### WHAT TO PRODUCE
Your task is to quote the listing below exactly, beginning with its first line and ending on the line bearing "key_id = some".

### DATA LISTING
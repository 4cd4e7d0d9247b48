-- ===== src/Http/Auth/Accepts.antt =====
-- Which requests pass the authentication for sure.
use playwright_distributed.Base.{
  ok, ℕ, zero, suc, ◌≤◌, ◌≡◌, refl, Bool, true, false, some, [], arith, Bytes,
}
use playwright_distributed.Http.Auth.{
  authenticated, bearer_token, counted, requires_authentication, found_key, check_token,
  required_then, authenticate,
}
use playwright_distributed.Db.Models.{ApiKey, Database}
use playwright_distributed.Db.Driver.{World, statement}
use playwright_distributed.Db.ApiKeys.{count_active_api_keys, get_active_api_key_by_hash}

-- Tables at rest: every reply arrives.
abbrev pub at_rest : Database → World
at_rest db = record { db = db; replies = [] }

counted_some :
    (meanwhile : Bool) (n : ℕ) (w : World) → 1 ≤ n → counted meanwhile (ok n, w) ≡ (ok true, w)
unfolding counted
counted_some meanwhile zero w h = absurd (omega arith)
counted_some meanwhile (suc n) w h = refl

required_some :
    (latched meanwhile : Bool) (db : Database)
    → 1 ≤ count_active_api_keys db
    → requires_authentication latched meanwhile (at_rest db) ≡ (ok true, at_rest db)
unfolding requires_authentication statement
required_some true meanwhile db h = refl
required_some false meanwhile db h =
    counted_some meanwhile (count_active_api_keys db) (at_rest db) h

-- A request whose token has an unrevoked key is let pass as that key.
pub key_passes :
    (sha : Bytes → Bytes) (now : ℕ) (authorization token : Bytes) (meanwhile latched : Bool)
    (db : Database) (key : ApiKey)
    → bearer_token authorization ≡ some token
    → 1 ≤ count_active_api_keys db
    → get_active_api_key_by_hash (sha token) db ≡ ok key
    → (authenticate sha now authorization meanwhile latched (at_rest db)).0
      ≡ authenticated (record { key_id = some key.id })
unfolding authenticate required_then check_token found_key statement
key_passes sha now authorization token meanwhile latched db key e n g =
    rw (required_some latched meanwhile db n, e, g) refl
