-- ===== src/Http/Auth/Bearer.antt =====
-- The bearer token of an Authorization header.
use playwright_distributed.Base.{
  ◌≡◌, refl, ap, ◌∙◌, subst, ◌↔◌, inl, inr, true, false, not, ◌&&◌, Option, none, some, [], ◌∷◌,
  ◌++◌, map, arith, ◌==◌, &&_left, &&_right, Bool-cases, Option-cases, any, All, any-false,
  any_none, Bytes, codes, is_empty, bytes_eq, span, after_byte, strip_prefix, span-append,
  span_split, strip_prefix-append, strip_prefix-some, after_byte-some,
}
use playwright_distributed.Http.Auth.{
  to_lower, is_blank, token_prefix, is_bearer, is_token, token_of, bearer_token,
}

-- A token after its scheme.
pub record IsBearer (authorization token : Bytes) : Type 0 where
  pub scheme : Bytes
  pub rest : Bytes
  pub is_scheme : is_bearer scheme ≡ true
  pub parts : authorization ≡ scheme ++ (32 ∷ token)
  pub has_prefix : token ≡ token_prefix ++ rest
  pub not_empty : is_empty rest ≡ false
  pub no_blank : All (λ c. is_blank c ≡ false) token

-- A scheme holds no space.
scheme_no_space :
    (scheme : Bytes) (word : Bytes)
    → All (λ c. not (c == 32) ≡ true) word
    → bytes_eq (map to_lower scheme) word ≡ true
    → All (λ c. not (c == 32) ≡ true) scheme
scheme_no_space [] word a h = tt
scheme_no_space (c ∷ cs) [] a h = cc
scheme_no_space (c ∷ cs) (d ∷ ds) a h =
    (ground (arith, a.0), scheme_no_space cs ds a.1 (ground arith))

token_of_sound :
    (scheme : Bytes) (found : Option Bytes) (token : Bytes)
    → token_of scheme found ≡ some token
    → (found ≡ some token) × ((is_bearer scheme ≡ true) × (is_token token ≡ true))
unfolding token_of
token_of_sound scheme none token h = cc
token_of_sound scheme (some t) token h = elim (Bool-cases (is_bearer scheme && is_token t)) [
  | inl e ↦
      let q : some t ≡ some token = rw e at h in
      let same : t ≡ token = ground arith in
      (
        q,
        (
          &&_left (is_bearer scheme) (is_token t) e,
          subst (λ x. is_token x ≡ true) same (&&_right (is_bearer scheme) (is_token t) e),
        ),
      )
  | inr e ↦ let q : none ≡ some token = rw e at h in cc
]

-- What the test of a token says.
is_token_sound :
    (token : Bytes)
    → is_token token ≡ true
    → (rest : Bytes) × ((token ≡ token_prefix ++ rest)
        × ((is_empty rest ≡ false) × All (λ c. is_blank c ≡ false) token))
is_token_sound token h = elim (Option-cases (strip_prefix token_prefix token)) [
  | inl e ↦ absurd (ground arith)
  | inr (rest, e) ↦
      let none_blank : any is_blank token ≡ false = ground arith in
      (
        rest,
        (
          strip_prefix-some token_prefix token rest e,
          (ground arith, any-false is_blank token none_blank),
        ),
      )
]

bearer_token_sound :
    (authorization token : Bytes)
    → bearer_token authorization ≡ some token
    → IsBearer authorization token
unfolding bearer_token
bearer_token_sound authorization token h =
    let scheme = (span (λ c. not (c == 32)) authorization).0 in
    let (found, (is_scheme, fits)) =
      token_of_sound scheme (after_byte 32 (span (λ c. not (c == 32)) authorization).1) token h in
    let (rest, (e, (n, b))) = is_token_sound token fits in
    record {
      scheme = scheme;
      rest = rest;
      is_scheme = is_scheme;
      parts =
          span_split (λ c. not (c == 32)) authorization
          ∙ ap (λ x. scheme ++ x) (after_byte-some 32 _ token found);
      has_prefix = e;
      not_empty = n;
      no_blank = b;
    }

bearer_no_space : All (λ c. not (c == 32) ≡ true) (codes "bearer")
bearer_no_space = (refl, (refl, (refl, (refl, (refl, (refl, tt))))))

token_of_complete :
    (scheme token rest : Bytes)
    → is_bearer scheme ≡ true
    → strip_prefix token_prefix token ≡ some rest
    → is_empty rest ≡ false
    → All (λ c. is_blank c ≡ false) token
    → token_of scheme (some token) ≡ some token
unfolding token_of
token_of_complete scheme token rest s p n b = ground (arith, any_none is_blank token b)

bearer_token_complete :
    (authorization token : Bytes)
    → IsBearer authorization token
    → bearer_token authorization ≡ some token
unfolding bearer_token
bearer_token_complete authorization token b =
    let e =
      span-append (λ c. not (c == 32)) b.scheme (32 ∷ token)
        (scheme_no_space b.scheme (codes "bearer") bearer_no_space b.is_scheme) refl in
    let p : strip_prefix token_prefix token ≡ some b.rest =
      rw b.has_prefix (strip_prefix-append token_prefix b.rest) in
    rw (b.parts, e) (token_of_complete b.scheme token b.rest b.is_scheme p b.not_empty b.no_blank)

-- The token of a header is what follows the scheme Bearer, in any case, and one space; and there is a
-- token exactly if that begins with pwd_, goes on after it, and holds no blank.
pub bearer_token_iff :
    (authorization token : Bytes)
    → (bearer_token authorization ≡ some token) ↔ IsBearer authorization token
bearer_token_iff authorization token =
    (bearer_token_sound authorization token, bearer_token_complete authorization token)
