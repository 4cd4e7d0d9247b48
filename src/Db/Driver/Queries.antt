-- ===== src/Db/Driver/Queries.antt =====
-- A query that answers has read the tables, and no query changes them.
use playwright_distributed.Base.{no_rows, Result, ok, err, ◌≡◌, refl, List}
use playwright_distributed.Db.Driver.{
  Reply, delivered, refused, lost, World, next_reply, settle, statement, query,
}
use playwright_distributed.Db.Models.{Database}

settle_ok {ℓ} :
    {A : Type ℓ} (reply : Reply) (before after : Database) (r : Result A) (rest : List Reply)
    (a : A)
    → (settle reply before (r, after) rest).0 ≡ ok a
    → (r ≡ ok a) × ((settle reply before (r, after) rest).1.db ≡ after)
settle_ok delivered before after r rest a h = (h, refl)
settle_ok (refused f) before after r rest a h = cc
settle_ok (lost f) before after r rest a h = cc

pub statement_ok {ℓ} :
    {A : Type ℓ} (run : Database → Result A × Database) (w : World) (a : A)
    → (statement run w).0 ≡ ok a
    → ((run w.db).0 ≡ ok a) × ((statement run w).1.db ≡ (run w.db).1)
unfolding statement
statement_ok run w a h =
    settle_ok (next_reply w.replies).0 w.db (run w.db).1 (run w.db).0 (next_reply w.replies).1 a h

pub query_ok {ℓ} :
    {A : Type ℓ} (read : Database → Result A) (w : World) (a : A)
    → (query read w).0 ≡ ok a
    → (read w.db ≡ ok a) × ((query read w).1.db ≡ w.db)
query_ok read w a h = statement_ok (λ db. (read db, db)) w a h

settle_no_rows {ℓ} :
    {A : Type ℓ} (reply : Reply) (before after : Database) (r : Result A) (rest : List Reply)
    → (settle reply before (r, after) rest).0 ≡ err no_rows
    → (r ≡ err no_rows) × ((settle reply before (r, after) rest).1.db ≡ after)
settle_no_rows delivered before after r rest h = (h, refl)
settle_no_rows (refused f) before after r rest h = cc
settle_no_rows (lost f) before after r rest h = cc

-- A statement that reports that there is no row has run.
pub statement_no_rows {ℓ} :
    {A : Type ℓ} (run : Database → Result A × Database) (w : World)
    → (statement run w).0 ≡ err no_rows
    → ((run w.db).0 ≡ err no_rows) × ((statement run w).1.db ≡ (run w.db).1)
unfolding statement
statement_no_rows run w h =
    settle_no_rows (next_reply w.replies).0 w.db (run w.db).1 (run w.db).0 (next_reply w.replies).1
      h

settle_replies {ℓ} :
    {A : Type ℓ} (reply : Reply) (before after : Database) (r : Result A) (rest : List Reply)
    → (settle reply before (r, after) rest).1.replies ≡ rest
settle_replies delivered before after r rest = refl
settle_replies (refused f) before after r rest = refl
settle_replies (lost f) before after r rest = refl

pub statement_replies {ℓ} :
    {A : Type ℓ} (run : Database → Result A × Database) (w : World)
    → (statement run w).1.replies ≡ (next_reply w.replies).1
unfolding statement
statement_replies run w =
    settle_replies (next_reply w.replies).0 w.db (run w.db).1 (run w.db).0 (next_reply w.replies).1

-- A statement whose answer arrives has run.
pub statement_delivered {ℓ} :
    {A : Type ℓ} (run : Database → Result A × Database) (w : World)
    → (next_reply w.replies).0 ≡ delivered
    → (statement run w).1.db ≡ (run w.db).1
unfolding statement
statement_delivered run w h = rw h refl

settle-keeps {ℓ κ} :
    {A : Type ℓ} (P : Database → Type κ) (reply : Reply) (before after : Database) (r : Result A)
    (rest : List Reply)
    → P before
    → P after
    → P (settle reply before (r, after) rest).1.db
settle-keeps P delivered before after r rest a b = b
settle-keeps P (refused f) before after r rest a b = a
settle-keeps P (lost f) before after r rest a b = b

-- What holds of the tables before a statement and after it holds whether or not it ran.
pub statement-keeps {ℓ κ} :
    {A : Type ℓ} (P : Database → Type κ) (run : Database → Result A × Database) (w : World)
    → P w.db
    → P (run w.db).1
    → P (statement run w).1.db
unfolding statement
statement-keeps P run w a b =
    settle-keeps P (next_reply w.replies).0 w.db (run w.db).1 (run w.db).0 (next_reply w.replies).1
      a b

### TASK RESULT
repository 4cd4e7d0d9247b48
-- ===== src/Http/Auth/Accepts.antt =====
-- Which requests pass the authentication for sure.
use playwright_distributed.Base.{
  ok, ℕ, zero, suc, ◌≤◌, ◌≡◌, refl, Bool, true, false, some, [], arith, Bytes,
}
use playwright_distributed.Http.Auth.{
  authenticated, bearer_token, counted, requires_authentication, found_key, check_token,
  required_then, authenticate,
}
use playwright_distributed.Db.Models.{ApiKey, Database}
use playwright_distributed.Db.Driver.{World, statement}
use playwright_distributed.Db.ApiKeys.{count_active_api_keys, get_active_api_key_by_hash}

-- Tables at rest: every reply arrives.
abbrev pub at_rest : Database → World
at_rest db = record { db = db; replies = [] }

counted_some :
    (meanwhile : Bool) (n : ℕ) (w : World) → 1 ≤ n → counted meanwhile (ok n, w) ≡ (ok true, w)
unfolding counted
counted_some meanwhile zero w h = absurd (omega arith)
counted_some meanwhile (suc n) w h = refl

required_some :
    (latched meanwhile : Bool) (db : Database)
    → 1 ≤ count_active_api_keys db
    → requires_authentication latched meanwhile (at_rest db) ≡ (ok true, at_rest db)
unfolding requires_authentication statement
required_some true meanwhile db h = refl
required_some false meanwhile db h =
    counted_some meanwhile (count_active_api_keys db) (at_rest db) h

-- A request whose token has an unrevoked key is let pass as that key.
pub key_passes :
    (sha : Bytes → Bytes) (now : ℕ) (authorization token : Bytes) (meanwhile latched : Bool)
    (db : Database) (key : ApiKey)
    → bearer_token authorization ≡ some token
    → 1 ≤ count_active_api_keys db
    → get_active_api_key_by_hash (sha token) db ≡ ok key
    → (authenticate sha now authorization meanwhile latched (at_rest db)).0
      ≡ authenticated (record { key_id = some key.id })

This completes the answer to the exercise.